If the child has been in a state orphange with rotten caretaking, be prepared to have what seems like a demon in the home, it can take a while. I had no idea just how damaged a child could be in less than three years. Be sure to read up on Post traumatic stress syndrome ( yeah, even secular stuff) to help you understand why the kid is so messed up. ( book- Trauma and Recovery, by Herman, and try to separate out the modern psych ideas from the mostly good stuff). 

If they live with nice Grandmom, they might be doing well.

I'll pray you get the right kid for you, there are certainly plenty to go around. No matter how hard it is, it is worth it.


----------



## Edward (Aug 6, 2009)

Denton Elliott said:


> Please pray today for us. Another family is desiring to adopt the same child and we are praying and hoping that God changes their mind tonight. They just adopted a child a year ago and are in dept so we are hoping they realize they should allow us to adopt.

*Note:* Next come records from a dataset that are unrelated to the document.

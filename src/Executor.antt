-- ===== src/Executor.antt =====
-- crates/example/async_runtime/src/executor.rs: the scheduler of one thread. A thread's executor
-- and its id allocator make up its `Runtime`.
pub mod Invariant
pub mod Schedule
pub mod Drain
pub mod Lost
pub mod Returns
pub mod Fetch
pub mod Dispatch
pub mod Starve
pub mod Spawn
pub mod Liveness
pub mod Remove
pub mod Keeps
pub mod Count
pub mod Soundness
pub mod Reach
use rust_root_task_demo.Common.{
  write, read, assert, unwrap_ok, unwrap, panic, ret, Outcome, replicate, ltb, [], List, some, none,
  Option, Bool, suc, zero, ◌>>◌, if◌then◌else◌, ◌>>=◌, ◌==◌, ◌++◌, ◌∷◌, ◌^◌, ◌%◌, ◌/◌, ◌-◌, ◌+◌, ℕ,
}
use rust_root_task_demo.Common.Words.{set_bit, clear_bit}
use rust_root_task_demo.Utils.IndexAllocator.{IndexAllocator}
use rust_root_task_demo.Utils.BitMap64
use rust_root_task_demo.Utils.BitMap64.{BitMap64}
use rust_root_task_demo.Utils.RingBuffer
use rust_root_task_demo.Utils.RingBuffer.{RingBuffer}
use rust_root_task_demo.Coroutine
use rust_root_task_demo.Coroutine.{Coroutine, Poll, max_cid_num}

abbrev pub max_task_num : ℕ
max_task_num = 2048

abbrev pub max_prio_num : ℕ
max_prio_num = 8

pub record Executor {ℓ} (F : Type ℓ) : Type ℓ where
  pub ready_queue : List (RingBuffer ℕ)
  pub prio_bitmap : BitMap64
  pub coroutine_num : ℕ
  pub current : Option ℕ
  pub tasks : List (Option (Coroutine F))
  pub delay_wake_cids : ℕ  -- `AtomicU64`
  pub tasks_bak : List (Coroutine F)

pub record Runtime {ℓ} (F : Type ℓ) : Type ℓ where
  pub executor : Executor F
  pub cids : IndexAllocator  -- `CID_ALLOCATOR`

module _ {ℓ} {F : Type ℓ} where
  unfoldable pub new : Executor F
  new = record {
    ready_queue = replicate max_prio_num (RingBuffer.new 0 max_task_num);
    prio_bitmap = BitMap64.new;
    coroutine_num = 0;
    current = none;
    tasks = replicate max_task_num none;
    delay_wake_cids = 0;
    tasks_bak = [];
  }

  pub get_ready_num : Executor F → Outcome ℕ
  get_ready_num e = do q ← read e.ready_queue 2; ret (RingBuffer.size max_task_num q)

  -- `self.ready_queue[prio].push(&cid).unwrap()`
  pub push_ready : Executor F → ℕ → ℕ → Outcome (Executor F)
  push_ready e prio cid = do
    q ← read e.ready_queue prio
    (pushed, q') ← RingBuffer.push max_task_num q cid
    unwrap_ok pushed
    queues ← write e.ready_queue prio q'
    ret (record e { ready_queue = queues })

  -- `self.prio_bitmap.set(prio); self.ready_queue[prio].push(&cid).unwrap();`
  pub schedule : Executor F → ℕ → ℕ → Outcome (Executor F)
  schedule e prio cid = do
    bits ← BitMap64.set e.prio_bitmap prio
    push_ready (record e { prio_bitmap = bits }) prio cid

  pub spawn : Runtime F → F → ℕ → Outcome (ℕ × Runtime F)
  spawn r future prio = do
    (task, cids) ← Coroutine.new r.cids future prio
    e ← schedule r.executor prio task.cid
    tasks ← write e.tasks task.cid (some task)
    ret (
      task.cid,
      record {
        executor = record e {
          tasks = tasks;
          coroutine_num = e.coroutine_num + 1;
          tasks_bak = e.tasks_bak ++ (task ∷ []);
        };
        cids = cids;
      },
    )

  pub is_empty : Executor F → Bool
  is_empty e = e.coroutine_num == 0

  -- The task found, if any, goes to the queue of its priority.
  unfoldable pub wake_task : Executor F → ℕ → Option (Coroutine F) → Outcome (Executor F)
  wake_task e cid none = ret e
  wake_task e cid (some task) = schedule e task.prio cid

  unfoldable pub wake : Executor F → ℕ → Outcome (Executor F)
  wake e cid = do op_task ← read e.tasks cid; wake_task e cid op_task

  -- The loop of `actual_wake` at `index`, with `fuel` rounds to go. A round clears bit `index` of
  -- the word, which has been shifted down `index` times by then. `panic` also stands for a loop
  -- that has used up its rounds.
  pub drain : ℕ → ℕ → ℕ → Executor F → Outcome (Executor F)
  drain zero index cids e = if cids == 0 then ret e else panic
  drain (suc fuel) index cids e =
      let woken = (do
        e' ← wake e (index % 2 ^ 32)
        drain fuel (index + 1) (clear_bit 64 cids index / 2) e') in
      let skipped = drain fuel (index + 1) (cids / 2) e in
      if cids == 0 then ret e else if cids % 2 == 0 then skipped else woken

  pub actual_wake : Executor F → Outcome (Executor F)
  actual_wake e = drain 64 0 e.delay_wake_cids (record e { delay_wake_cids = 0 })

  pub switch_possible : Executor F → Outcome (Bool × Executor F)
  switch_possible e = do
    e' ← actual_wake e
    cid ← unwrap e'.current
    op_task ← read e'.tasks cid
    task ← unwrap op_task
    ret (ltb (BitMap64.find_first_one e'.prio_bitmap) task.prio, e')

  -- `if self.ready_queue[prio].empty() { self.prio_bitmap.clear(prio) }`
  pub clear_if_empty : Executor F → ℕ → RingBuffer ℕ → Outcome (Executor F)
  clear_if_empty e prio q =
      if RingBuffer.empty q
      then (BitMap64.clear e.prio_bitmap prio >>= λ bits. ret (record e { prio_bitmap = bits }))
      else ret e

  -- The part of `fetch` after `pop` has returned a cid.
  pub fetch_task :
      Executor F
      → ℕ
      → ℕ
      → RingBuffer ℕ
      → Option (Coroutine F)
      → Outcome (Option (Coroutine F) × Executor F)
  fetch_task e prio cid q none = ret (none, e)
  fetch_task e prio cid q (some task) = do
    e' ← clear_if_empty (record e { current = some cid }) prio q
    ret (some task, e')

  pub fetch_popped :
      Executor F → ℕ → RingBuffer ℕ → Option ℕ → Outcome (Option (Coroutine F) × Executor F)
  fetch_popped e prio q none = ret (none, e)
  fetch_popped e prio q (some cid) = do op_task ← read e.tasks cid; fetch_task e prio cid q op_task

  -- `fetch` after the delayed wakes, at the priority that the bitmap names.
  pub fetch_at : Executor F → ℕ → Outcome (Option (Coroutine F) × Executor F)
  fetch_at e prio = do
    q ← read e.ready_queue prio
    (popped, q') ← RingBuffer.pop max_task_num q
    queues ← write e.ready_queue prio q'
    fetch_popped (record e { ready_queue = queues }) prio q' popped

  pub fetch : Executor F → Outcome (Option (Coroutine F) × Executor F)
  fetch e = do
    e' ← actual_wake e
    let prio = BitMap64.find_first_one e'.prio_bitmap
    if prio == 64 then ret (none, e') else fetch_at e' prio

  unfoldable pub delay_wake : Executor F → ℕ → Outcome (Executor F)
  delay_wake e cid = do
    assert (ltb cid 64)
    ret (record e { delay_wake_cids = set_bit e.delay_wake_cids cid })

  -- `coroutine_num -= 1` panics at 0, overflow checks being on.
  pub remove_task : Runtime F → ℕ → Outcome (Runtime F)
  remove_task r cid = do
    tasks ← write r.executor.tasks cid none
    assert (ltb 0 r.executor.coroutine_num)
    cids ← Coroutine.release r.cids cid
    ret (record {
      executor = record (r.executor) {
        tasks = tasks;
        coroutine_num = r.executor.coroutine_num - 1;
      };
      cids = cids;
    })
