-- ===== src/AsyncLib.antt =====
-- crates/example/src/async_lib.rs: waking coroutines by user interrupts, and calls that put an item
-- into a shared buffer and wait for the reply. An `async fn` is one function up to its `await`, and
-- one from there on. Overflow checks are on.
pub mod Syscalls
pub mod Woken
pub mod Interrupt
pub mod Calls
pub mod Items
pub mod Putstring
pub mod Replies
pub mod Delivery
use rust_root_task_demo.Common.{
  not, false, true, Bool, ◌*◌, write, read, assert, unwrap_ok, unwrap, panic, ret, Outcome, err, ok,
  Result, replicate, ltb, [], List, some, none, Option, suc, zero, ◌>>◌, ◌>>=◌, if◌then◌else◌, ◌==◌,
  ◌∷◌, ◌^◌, ◌%◌, ◌/◌, ◌+◌, ℕ,
}
use rust_root_task_demo.Utils.IndexAllocator
use rust_root_task_demo.Utils.IndexAllocator.{IndexAllocator}
use rust_root_task_demo.MessageInfo.{AsyncMessageLabel, label_from, riscv_page_get_address}
use rust_root_task_demo.NewBuffer
use rust_root_task_demo.NewBuffer.{IpcItem, NewBuffer}
use rust_root_task_demo.Executor
use rust_root_task_demo.Executor.{Executor, max_task_num}

abbrev pub max_uint_vec : ℕ
max_uint_vec = 64

-- The sender of the system calls, `63`
abbrev pub syscall_sender : ℕ
syscall_sender = 63

-- What a thread's code reaches: its executor, its thread-local statics, the shared buffers by
-- address, and what it has told the outside. `reply_count` is the `REPLY_COUNT` of
-- `recv_reply_coroutine`, which all threads share, and `syscall_reply_count` the thread-local one of
-- `recv_reply_coroutine_async_syscall`.
pub record World {ℓ} (F : Type ℓ) : Type ℓ where
  pub executor : Executor F
  pub uint_vec_allocator : IndexAllocator
  pub uint_trigger : ℕ
  pub sender_map : List ℕ  -- `[usize; 64]`
  pub immediate_value : List (Option IpcItem)
  pub wake_map : List (ℕ × ℕ)
  pub reply_count : ℕ
  pub syscall_reply_count : ℕ
  pub submit_syscall_cnt : ℕ
  pub buffers : List (ℕ × NewBuffer)
  pub uipis : List ℕ  -- the arguments of `uipi_send`, the last first
  pub syscall_wakes : ℕ  -- the calls of `wake_syscall_handler`

-- `AsyncArgs`, without its lock. A buffer is its address.
pub record AsyncArgs : Type 0 where
  pub req_ntfn : Option ℕ
  pub reply_ntfn : Option ℕ
  pub server_sender_id : Option ℕ
  pub client_sender_id : Option ℕ
  pub child_tcb : Option ℕ
  pub ipc_new_buffer : Option ℕ
  pub server_ready : Bool

-- `AsyncArgs::new`
unfoldable pub new_args : AsyncArgs
new_args = record {
  req_ntfn = none;
  reply_ntfn = none;
  server_sender_id = none;
  client_sender_id = none;
  child_tcb = none;
  ipc_new_buffer = none;
  server_ready = false;
}

-- A `BTreeMap` as a list of pairs: the first with a key counts.
unfoldable pub lookup {ℓ} : {A : Type ℓ} → ℕ → List (ℕ × A) → Option A
lookup k [] = none
lookup k ((k', a) ∷ rest) = if k' == k then some a else lookup k rest

reply_of : Option IpcItem → Result IpcItem
reply_of none = err
reply_of (some res) = ok res

call_reply : Result IpcItem → Result ℕ
call_reply err = err
call_reply (ok res) = ok res.msg_info

module _ {ℓ} {F : Type ℓ} where
  -- A thread before any registration, with the executor and the shared buffers given
  unfoldable pub start : Executor F → List (ℕ × NewBuffer) → World F
  start e buffers = record {
    executor = e;
    uint_vec_allocator = IndexAllocator.new max_uint_vec;
    uint_trigger = 0;
    sender_map = replicate 64 0;
    immediate_value = replicate max_task_num none;
    wake_map = [];
    reply_count = 0;
    syscall_reply_count = 0;
    submit_syscall_cnt = 0;
    buffers = buffers;
    uipis = [];
    syscall_wakes = 0;
  }

  register_vec : World F → ℕ → Option ℕ → Option ℕ × World F
  register_vec w cid none = (none, w)
  register_vec w cid (some vec) = (some vec, record w { wake_map = (vec, cid) ∷ w.wake_map })

  pub register_recv_cid : World F → ℕ → Outcome (Option ℕ × World F)
  unfolding register_vec
  register_recv_cid w cid = do
    (vec, vecs) ← IndexAllocator.allocate max_uint_vec w.uint_vec_allocator
    ret (register_vec (record w { uint_vec_allocator = vecs }) cid vec)

  register_sender_as : World F → ℕ → Result ℕ → Outcome (Result ℕ × World F)
  register_sender_as w ptr err = ret (err, w)
  register_sender_as w ptr (ok sender_id) = do
    senders ← write w.sender_map sender_id ptr
    ret (ok sender_id, record w { sender_map = senders })

  -- `register_sender` is what the `uintr` crate answers for the notification.
  pub register_sender_buffer :
      {N : Type 0} → (N → Result ℕ) → World F → N → ℕ → Outcome (Result ℕ × World F)
  unfolding register_sender_as
  register_sender_buffer register_sender w ntfn new_buffer =
      register_sender_as w new_buffer (register_sender ntfn)

  pub register_async_syscall_buffer : World F → ℕ → Outcome (World F)
  register_async_syscall_buffer w new_buffer_ptr = do
    senders ← write w.sender_map syscall_sender new_buffer_ptr
    ret (record w { sender_map = senders })

  wake_registered : World F → Option ℕ → Outcome (Result (Unit {0}) × World F)
  wake_registered w none = ret (err, w)
  wake_registered w (some cid) = do
    e ← Executor.delay_wake w.executor cid
    ret (ok tt, record w { executor = e })

  pub wake_recv_coroutine : World F → ℕ → Outcome (Result (Unit {0}) × World F)
  unfolding wake_registered
  wake_recv_coroutine w vec = wake_registered w (lookup vec w.wake_map)

  -- The loop of `uintr_handler` and `uintr_handler2`, with `fuel` rounds to go. `panic` also stands
  -- for a loop that has used up its rounds.
  pub handle_irqs : ℕ → ℕ → ℕ → World F → Outcome (World F)
  handle_irqs zero bit_index local w = if local == 0 then ret w else panic
  handle_irqs (suc fuel) bit_index local w =
      let skipped = handle_irqs fuel (bit_index + 1) (local / 2) w in
      let woken = (do
        (res, w') ← wake_recv_coroutine w bit_index
        unwrap_ok res
        handle_irqs fuel (bit_index + 1) (local / 2) w') in
      if local == 0 then ret w else if local % 2 == 1 then woken else skipped

  pub uintr_handler : World F → ℕ → Outcome (ℕ × World F)
  uintr_handler w irqs = do
    assert (ltb (w.uint_trigger + 1) (2 ^ 64))
    w' ← handle_irqs 64 0 irqs (record w { uint_trigger = w.uint_trigger + 1 })
    ret (0, w')

  -- It also prints a line.
  pub uintr_handler2 : World F → ℕ → Outcome (ℕ × World F)
  uintr_handler2 = uintr_handler

  unfoldable pub coroutine_get_current : World F → Outcome ℕ
  coroutine_get_current w = unwrap w.executor.current

  -- `yield_now` after it has been resumed
  unfoldable pub yield_resumed : World F → Outcome (Option IpcItem × World F)
  yield_resumed w = do
    cid ← coroutine_get_current w
    value ← read w.immediate_value cid
    values ← write w.immediate_value cid none
    ret (value, record w { immediate_value = values })

  unfoldable pub wake_with_value : World F → ℕ → IpcItem → Outcome (World F)
  wake_with_value w cid item = do
    values ← write w.immediate_value cid (some item)
    e ← Executor.wake w.executor cid
    ret (record w { immediate_value = values; executor = e })

  -- `convert_option_mut_ref`, for a buffer: the address 0 is `None`. An address without a buffer,
  -- which the source does not check, is a `panic` here.
  pub convert_option_mut_ref : World F → ℕ → Outcome (Option NewBuffer)
  convert_option_mut_ref w ptr =
      if ptr == 0 then ret none else (unwrap (lookup ptr w.buffers) >>= λ b. ret (some b))

  -- The shared buffer at an address, replaced
  unfoldable pub store : World F → ℕ → NewBuffer → World F
  store w ptr b = record w { buffers = (ptr, b) ∷ w.buffers }

  -- Telling the receiver to run: a user interrupt, or for the system calls the kernel's handler.
  -- `counted` is whether `SUBMIT_SYSCALL_CNT` counts it.
  pub notify : Bool → World F → ℕ → Outcome (World F)
  notify counted w sender_id =
      if not (sender_id == syscall_sender)
      then ret (record w { uipis = sender_id ∷ w.uipis })
      else if counted
      then (assert (ltb (w.submit_syscall_cnt + 1) (2 ^ 64))
          >> ret (record w {
            submit_syscall_cnt = w.submit_syscall_cnt + 1;
            syscall_wakes = w.syscall_wakes + 1;
          }))
      else ret (record w { syscall_wakes = w.syscall_wakes + 1 })

  -- The item goes into the requests; the receiver is told to run unless it has been told already.
  pub post_item : Bool → World F → ℕ → ℕ → IpcItem → NewBuffer → Outcome (World F)
  post_item counted w ptr sender_id item b = do
    (written, reqs) ← NewBuffer.write_free_item b.req_items item
    unwrap_ok written
    if not b.recv_req_status
        then notify counted (store w ptr (record b { req_items = reqs; recv_req_status = true }))
            sender_id
        else ret (store w ptr (record b { req_items = reqs }))

  post_to : Bool → World F → ℕ → ℕ → IpcItem → Option NewBuffer → Outcome (Bool × World F)
  post_to counted w ptr sender_id item none = ret (false, w)
  post_to counted w ptr sender_id item (some b) = do
    w' ← post_item counted w ptr sender_id item b
    ret (true, w')

  -- `seL4_Call_with_item` up to `yield_now().await`. The Boolean is whether it gets there; if not,
  -- the call has returned `Err`.
  pub call_begin : World F → ℕ → IpcItem → Outcome (Bool × World F)
  unfolding post_to
  call_begin w sender_id item = do
    ptr ← read w.sender_map sender_id
    b ← convert_option_mut_ref w ptr
    post_to true w ptr sender_id item b

  -- `seL4_Call_with_item` from there on
  pub call_resumed : World F → Outcome (Result IpcItem × World F)
  unfolding reply_of
  call_resumed w = do (value, w') ← yield_resumed w; ret (reply_of value, w')

  -- `seL4_Send_with_item`, which returns `Err` whether it has sent the item or not
  pub send_with_item : World F → ℕ → IpcItem → Outcome (Result IpcItem × World F)
  unfolding post_to
  send_with_item w sender_id item = do
    ptr ← read w.sender_map sender_id
    b ← convert_option_mut_ref w ptr
    (_, w') ← post_to false w ptr sender_id item b
    ret (err, w')

  -- `seL4_Call`: a call with the first word of a message info, whose low 32 bits are sent
  pub sel4_call_begin : World F → ℕ → ℕ → Outcome (Bool × World F)
  sel4_call_begin w sender_id message_info = do
    cid ← coroutine_get_current w
    call_begin w sender_id (NewBuffer.item_from cid (message_info % 2 ^ 32))

  -- `seL4_Call` after the reply: the first word of the message info that it returns
  pub sel4_call_resumed : World F → Outcome (Result ℕ × World F)
  unfolding call_reply
  sel4_call_resumed w = do (res, w') ← call_resumed w; ret (call_reply res, w')

  -- `possible_switch` up to its `await`: whether it yields
  pub possible_switch_begin : World F → Outcome (Bool × World F)
  possible_switch_begin w = do
    (possible, e) ← Executor.switch_possible w.executor
    let w' = record w { executor = e }
    if possible
        then (do
          cid ← coroutine_get_current w'
          e' ← Executor.wake w'.executor cid
          ret (true, record w' { executor = e' }))
        else ret (false, w')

Sounds like someone at the agency messed up. Did they make the same referral to two different sets of parents? Or is the orphanage working with different agencies and not keeping the paperwork straight.


----------



## Denton Elliott (Aug 6, 2009)

No. We just both decided to go for the same child...they pulled the trigger first, but technically, the child goes to whoever gets approved and to the orphanage first. I do hope they let us go for this sweet girl though and we can be friends...


----------